<<<<

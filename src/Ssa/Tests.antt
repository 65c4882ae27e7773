-- ===== src/Ssa/Tests.antt =====
-- The named form at a concrete function.
use mathlib.Core.List.{Nodup}
use gof_lang.Prelude.{ℕ, ◌≡◌, [], ◌∷◌, map, none, codes, pos}
use gof_lang.Source.{span}
use gof_lang.Ast.{FunctionKind}
use gof_lang.TypedHir.{GofType, typed, TypedExprKind, TypedStmt, TypedBlock, TypedFunction}
use gof_lang.Mir.Builder
use gof_lang.Mir.Instruction.{MirInstruction, MirModule}
use gof_lang.Mir.Numbering.Stmts.{range_from}
use gof_lang.Ssa.Lower.{temp, lower_function, lower}
use gof_lang.Ssa.Raise.{raise, raise-lower}
use gof_lang.Ssa.Names.{temp_names, lower_function-single_assignment}

-- x = 1
abbrev sample_function : TypedFunction
sample_function = record {
  id = 0;
  kind = FunctionKind.function;
  fixture_scope = none;
  symbol_name = codes "f";
  receiver_type = none;
  name = codes "f";
  params = [];
  return_type = GofType.int;
  body =
      TypedBlock.cons
        (TypedStmt.assign (codes "x") (typed (TypedExprKind.int (pos 1)) GofType.int (span 1 1 2)))
        TypedBlock.nil;
}

lower_function-single_assignment_example :
    (n : ℕ) × (temp_names (lower_function (Builder.lower_function sample_function)).values
      ≡ map temp (range_from 0 n))
    × Nodup (temp_names (lower_function (Builder.lower_function sample_function)).values)
lower_function-single_assignment_example = lower_function-single_assignment sample_function

abbrev sample_module : MirModule
sample_module = record {
  functions =
      record {
        name = codes "f";
        params = codes "p" ∷ [];
        return_type = GofType.int;
        instructions = MirInstruction.load_local 0 (codes "p") ∷ MirInstruction.return 0 ∷ [];
      }
      ∷ [];
}

raise-lower_example : raise (lower sample_module) ≡ sample_module
raise-lower_example = raise-lower sample_module
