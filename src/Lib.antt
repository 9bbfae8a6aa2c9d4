-- ===== src/Lib.antt =====
-- A model of the arity-arrays workspace: dense and sparse arrays that are indexed by small index
-- types and addressed through bitmaps. The parts, from the bottom:
--   crates/arity-index (niche.rs, range.rs): Niche.antt, Niche/Range.antt. An index type with
--     `count` values is the numbers below count, which `as_usize` returns; its ranges are states
--     with `next`, `next_back` and `len`.
--   crates/arity-bitmap (lib.rs): Bitmap.antt, the traits `Raw` and `Bitmap` as a record of
--     operations and a record of their documented contract, with the default methods.
--   crates/arity-bitmap (native.rs): Bitmap/Native.antt, the macro `impl_native_bitmap!` at any
--     width w, on the numbers below 2 ^ w, with the wrap-around of each operation written out in
--     Bits/Words.antt. Bitmap/Words.antt packs it as an instance of the contract at every width
--     that is a power of two from 2 to 256.
--   crates/arity-bitmap (iter.rs): Bitmap/BitIter.antt, the iterator over the set bits.
--   crates/arity-arrays (packed.rs): Packed.antt, the packed array over any bitmap of the contract:
--     an optional block, which is a bitmap and as many slots as it has set bits, in the order of
--     the bits. Packed/Laws.antt has its type invariant and the map that an array stands for.
--     Packed/Iter.antt has `PresentIter` and `IntoIter` of packed.rs, Packed/Extend.antt `Extend`.
--   crates/arity-arrays (gapped.rs): Gapped.antt, the gapped array over any bitmap: an optional
--     block with the bitmap of the present indices, the bitmap of the live slots, the capacity
--     exponent and the slots; the r-th present index stands in the r-th live slot. Gapped/Place.antt
--     has the ways to fill a hole, Gapped/Grow.antt the allocation of a larger or smaller block,
--     Gapped/Update.antt `insert` and the operations on the capacity. Gapped/Laws.antt has the type
--     invariant and the map, Gapped/Place/Laws.antt what a placement has to do.
--   crates/arity-tries (path.rs, key.rs): Tries/Paths.antt, Tries/Paths/Nibbles.antt. A path is the
--     list of its indices.
--   crates/arity-tries (node.rs, memory.rs, children.rs, frames.rs): Tries/Node.antt, nodes with the
--     edges of the in-memory store, for any type of values and of hashes; a child map is the list of
--     its entries in ascending order. Tries/Frames.antt is the stack of nodes behind a mutation: a
--     frame is the parent and the index descended into. A descent makes the edge inline in the parent,
--     and a child that was changed through its pointer is written back to its parent, the hash of the
--     edge left as it is, when its frame is popped, or at the end.
--   crates/arity-tries (ops.rs): Tries/Ops/Read.antt (`get_node`, `get`), Tries/Ops/Insert.antt and
--     Tries/Ops/Remove.antt (`insert`, `remove` and their helpers), over Tries/Ops/Descent.antt
--     (`Split`), Tries/Ops/Subtree.antt and Tries/Ops/Prefix.antt (`materialize_subtree`,
--     `remove_prefix`). Tries/Lookups.antt has the map that a trie stands for, Tries/Structure.antt the
--     structural invariant of validate.rs, Tries/Ops/Histories.antt sequences of operations.
--   crates/arity-tries (iter.rs, validate.rs): Tries/Walk.antt (`Walk`), Tries/Iter.antt
--     (`iter`, `visit`), Tries/Validate.antt (`validate`).
--   crates/arity-tries (hash.rs, store.rs, testing.rs): Tries/Hash/Scheme.antt, the hasher as a
--     parameter and what the walk does at a node; Tries/Hash.antt (`hash`, `prepare`), the walk over a
--     stack of frames and a store that may fail; Tries/Store.antt, the in-memory store and one that fails
--     on demand. Tries/Hash/Digests.antt has the hash as a recursive function and the hash-validity
--     contract of node.rs.
--
-- Shared: Common.antt (names, tests, counts, lists), Bits.antt (the binary digits of a number, and
-- what the word operations do to them), Iteration.antt (double-ended iterators, and what it means
-- that one hands out a list), Memory.antt (blocks of slots with reads, writes and copies).
--
-- Faults: an operation that can panic, fail a debug assertion, or have undefined behaviour (an
-- access outside a block, a read of an uninitialised slot, an unreachable conversion) returns an
-- option whose none is the fault; an `Option` of the source is a second option inside it.
--
-- Fuel: the loop of `raw_select` gets the width as fuel and halves its size each round; the loops
-- of `fold` and `rfold` get fuel too, and the width is enough, since each round clears a bit. A
-- lack of fuel is none, like a fault, so that the theorems that a result is returned cover it.
-- The loops of the gapped array over the set bits of the live slots get the width and one more, a
-- round for each set bit and the last, which finds none. The loops that descend a trie get the length
-- of the key and one more, since each round but the last reads an index of the key;
-- the loops over a whole trie get a round for each node and each edge.
--
-- Interaction: the arrays and the bit iterator use a bitmap through the record of its contract
-- only, and the native bitmaps fill that record. `take_only_child` draws from the bit iterator and
-- calls `remove`. The ranges and the iterator convert a cursor back to an index by
-- `try_from_usize`, whose failure is a fault that the theorems exclude. The operations of a trie go
-- through the child map of a node, the edges of the store and the stack of frames; the walk is shared
-- by iteration and validation. The hash walk trusts the seals that insertion and removal leave. The child maps are not yet those of the array models.
--
-- Not modelled: allocation failure and capacity overflow (a block is always given), destructors
-- and deallocation, `Clone`, serde, formatting and comparison, the 256-bit integer bitmap, the
-- iterators over all slots and those of the gapped array, the fixed array, the conversions between
-- the arrays; of the tries, the operations but hashing over stores with errors.
pub mod Common
pub mod Bits
pub mod Iteration
pub mod Niche
pub mod Bitmap
pub mod Memory
pub mod Packed
pub mod Gapped
pub mod Tries
pub mod Tests
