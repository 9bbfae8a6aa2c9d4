-- ===== src/Common/Count.antt =====
-- The number of places below a bound at which a test holds.
use Prim.Native.Nat.{ℕ, zero, suc, ◌+◌, ◌≤◌, ◌<◌}
use mathlib.Core.Path.{◌≡◌, refl, ap, ◌∙◌}
use mathlib.Core.Logic.{◌≢◌, inl, inr}
use mathlib.Core.Bool.{Bool, true, false, ◌&&◌}
use native.Mathlib.Nat.{add-zero, add-suc}
use native.Mathlib.Omega.{arith}
use arity_arrays.Common.Tests.{ltb, Bool-cases}

-- 1 for a test that holds.
abbrev pub indicator : Bool → ℕ
indicator true = 1
indicator false = 0

abbrev pub count_below : (ℕ → Bool) → ℕ → ℕ
count_below f zero = 0
count_below f (suc n) = count_below f n + indicator (f n)

-- The same count, from the low end.
pub count_below-low :
    (f : ℕ → Bool) (n : ℕ)
    → count_below f (suc n) ≡ indicator (f 0) + count_below (λ i. f (suc i)) n
count_below-low f zero = omega arith
count_below-low f (suc n) = omega (arith, count_below-low f n)

pub count_below-le : (f : ℕ → Bool) (n : ℕ) → count_below f n ≤ n
count_below-le f zero = omega arith
count_below-le f (suc n) = ground (arith, count_below-le f n)

pub count_below_mono : (f : ℕ → Bool) (m n : ℕ) → m ≤ n → count_below f m ≤ count_below f n
count_below_mono f m zero h = ground arith
count_below_mono f m (suc n) h = ground (arith, count_below_mono f m n)

-- A place that holds is counted.
pub count_below_lt :
    (f : ℕ → Bool) (m n : ℕ) → f m ≡ true → m < n → count_below f m < count_below f n
count_below_lt f m zero e h = absurd (omega arith)
count_below_lt f m (suc n) e h = ground (arith, count_below_lt f m n)

-- Two places that hold and have the same count below them are the same.
pub count_below_inj :
    (f : ℕ → Bool) (m n : ℕ) → f m ≡ true → f n ≡ true → count_below f m ≡ count_below f n → m ≡ n
count_below_inj f m n p q e = ground (arith, count_below_lt f m n p, count_below_lt f n m q)

pub count_below_ext :
    (f g : ℕ → Bool) (n : ℕ) → ((i : ℕ) → i < n → f i ≡ g i) → count_below f n ≡ count_below g n
count_below_ext f g zero h = refl
count_below_ext f g (suc n) h =
    ground (arith, h n, count_below_ext f g n (λ i p. h i (omega arith)))

pub count_below_none :
    (f : ℕ → Bool) (n : ℕ) → ((i : ℕ) → i < n → f i ≡ false) → count_below f n ≡ 0
count_below_none f zero h = refl
count_below_none f (suc n) h = ground (arith, h n, count_below_none f n (λ i p. h i (omega arith)))

-- What one place that comes to hold adds to the count.
pub count_below_set :
    (f g : ℕ → Bool) (k n : ℕ)
    → f k ≡ false
    → g k ≡ true
    → ((i : ℕ) → i < n → i ≢ k → g i ≡ f i)
    → count_below g n ≡ count_below f n + indicator (ltb k n)
count_below_set f g k zero p q h = ground arith
count_below_set f g k (suc n) p q h =
    ground (arith, h n, count_below_set f g k n p q (λ i r. h i (omega arith)))

-- A count up to a sum splits.
pub count_below-add :
    (f : ℕ → Bool) (a b : ℕ)
    → count_below f (a + b) ≡ count_below f a + count_below (λ i. f (a + i)) b
count_below-add f a zero = rw add-zero (omega arith)
count_below-add f a (suc b) = rw add-suc (omega (arith, count_below-add f a b))

-- A test cut off at k counts up to k.
pub count_below_cut :
    (f : ℕ → Bool) (k n : ℕ) → k ≤ n → count_below (λ i. f i && ltb i k) n ≡ count_below f k
count_below_cut f k zero h = let e : k ≡ 0 = omega arith in rw e
count_below_cut f k (suc n) h = elim (Bool-cases (ltb n k)) [
  | inl e ↦
      let whole : suc n ≡ k = ground arith in
      count_below_ext (λ i. f i && ltb i k) f (suc n) (λ i p. ground arith)
      ∙ ap (count_below f) whole
  | inr e ↦ ground (arith, count_below_cut f k n)
]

>>>>

_Assignment_: From the listing above, return the lines starting at the one with "and the hash-validity" and ending at the one with "-- what the", both kept, exactly as they appear and nothing more.

_Response to the task_:
--     on demand. Tries/Hash/Digests.antt has the hash as a recursive function and the hash-validity
--     contract of node.rs.
--
-- Shared: Common.antt (names, tests, counts, lists), Bits.antt (the binary digits of a number, and
-- what the word operations do to them), Iteration.antt (double-ended iterators, and what it means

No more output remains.